-- ===== src/Ir/Failures.antt =====
-- src/ir/failure.rs: a failure on its way between wire formats.
use anthroxy.Prelude.{
  ℕ, ◌+◌, ◌==◌, Bool, true, false, ◌&&◌, ◌||◌, List, [], ◌∷◌, ◌++◌, leb, any, if◌then◌else◌, Text,
  ascii, none, some, contains, before_char,
}

pub data FailureKind : Type 0 where
  invalid_request context_exceeded authentication permission not_found request_too_large rate_limit
        overloaded upstream :
      FailureKind

pub FailureKind-discrete : Discrete FailureKind
FailureKind-discrete = hlevel

-- `FailureKind::from_status`
unfoldable pub from_status : ℕ → FailureKind
from_status status =
    if status == 400
    then invalid_request
    else if status == 401
    then authentication
    else if status == 403
    then permission
    else if status == 404
    then not_found
    else if status == 413
    then request_too_large
    else if status == 429
    then rate_limit
    else if status == 529
    then overloaded
    else upstream

-- `FailureKind::is_unspecific`
unfoldable pub is_unspecific : FailureKind → Bool
is_unspecific upstream = true
is_unspecific _ = false

abbrev is_digit : ℕ → Bool
is_digit c = leb b'0' c && leb c b'9'

abbrev is_upper : ℕ → Bool
is_upper c = leb b'A' c && leb c b'Z'

abbrev is_lower : ℕ → Bool
is_lower c = leb b'a' c && leb c b'z'

-- `char::is_ascii_alphanumeric` at a byte: no byte of a character outside ASCII is below 128.
abbrev is_ascii_alphanumeric : ℕ → Bool
is_ascii_alphanumeric c = is_digit c || (is_upper c || is_lower c)

abbrev to_ascii_lowercase : ℕ → ℕ
to_ascii_lowercase c = if is_upper c then c + 32 else c

unfoldable pub squashed : Text → Text
squashed [] = []
squashed (c ∷ t) =
    let rest = squashed t in if is_ascii_alphanumeric c then to_ascii_lowercase c ∷ rest else rest

abbrev pub context_exceeded_needles : List Text
context_exceeded_needles =
    ascii "context_length_exceeded"
    ∷ ascii "exceed_context_size"
    ∷ ascii "exceeds the available context size"
    ∷ ascii "maximum context length"
    ∷ ascii "context size has been exceeded"
    ∷ ascii "context window exceeded"
    ∷ []

unfoldable pub says_context_exceeded : Text → Bool
unfolding squashed contains
says_context_exceeded t =
    any (λ needle. contains (squashed needle) (squashed t)) context_exceeded_needles

abbrev pub max_message_chars : ℕ
max_message_chars = 4096

-- U+2026 in UTF-8.
abbrev pub ellipsis : Text
ellipsis = 0xe2 ∷ 0x80 ∷ 0xa6 ∷ []

pub record Failure : Type 0 where
  pub kind : FailureKind
  pub message : Text

-- `Failure::new`
unfoldable pub failure : FailureKind → Text → Failure
unfolding before_char
failure kind message = record {
  kind = kind;
  message = elim (before_char max_message_chars message) [
    | none ↦ message
    | some kept ↦ kept ++ ellipsis
  ];
}

-- `Failure::upstream`
unfoldable pub upstream_failure : Text → Failure
unfolding failure
upstream_failure message = failure upstream message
——————————
__Brief__
Above are some records; copy exactly the lines from the one with "else if status == 404" through the one with "abbrev is_upper : ℕ → Bool", both included, and no others.

__Reply__
    else if status == 404
    then not_found
    else if status == 413
    then request_too_large
    else if status == 429
    then rate_limit
    else if status == 529
    then overloaded
    else upstream

-- `FailureKind::is_unspecific`
unfoldable pub is_unspecific : FailureKind → Bool
is_unspecific upstream = true
is_unspecific _ = false

abbrev is_digit : ℕ → Bool
is_digit c = leb b'0' c && leb c b'9'

abbrev is_upper : ℕ → Bool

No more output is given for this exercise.